■ **The problem**
Please print the data again exactly as given.

****************************************

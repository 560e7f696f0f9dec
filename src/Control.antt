-- ===== src/Control.antt =====
-- The control plane (cmd/orlop-control/internal): the tables of its database and the service that places disks on
-- servers and leases them to mounts.
pub mod Store
pub mod Allocations
pub mod Leases
pub mod Placement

****************************************

■ **Response to the exercise**
repository 560e7f696f0f9dec
filename src/Control.antt
-- ===== src/Control.antt =====
-- The control plane (cmd/orlop-control/internal): the tables of its database and the service that places disks on
-- servers and leases them to mounts.
pub mod Store
pub mod Allocations
pub mod Leases
pub mod Placement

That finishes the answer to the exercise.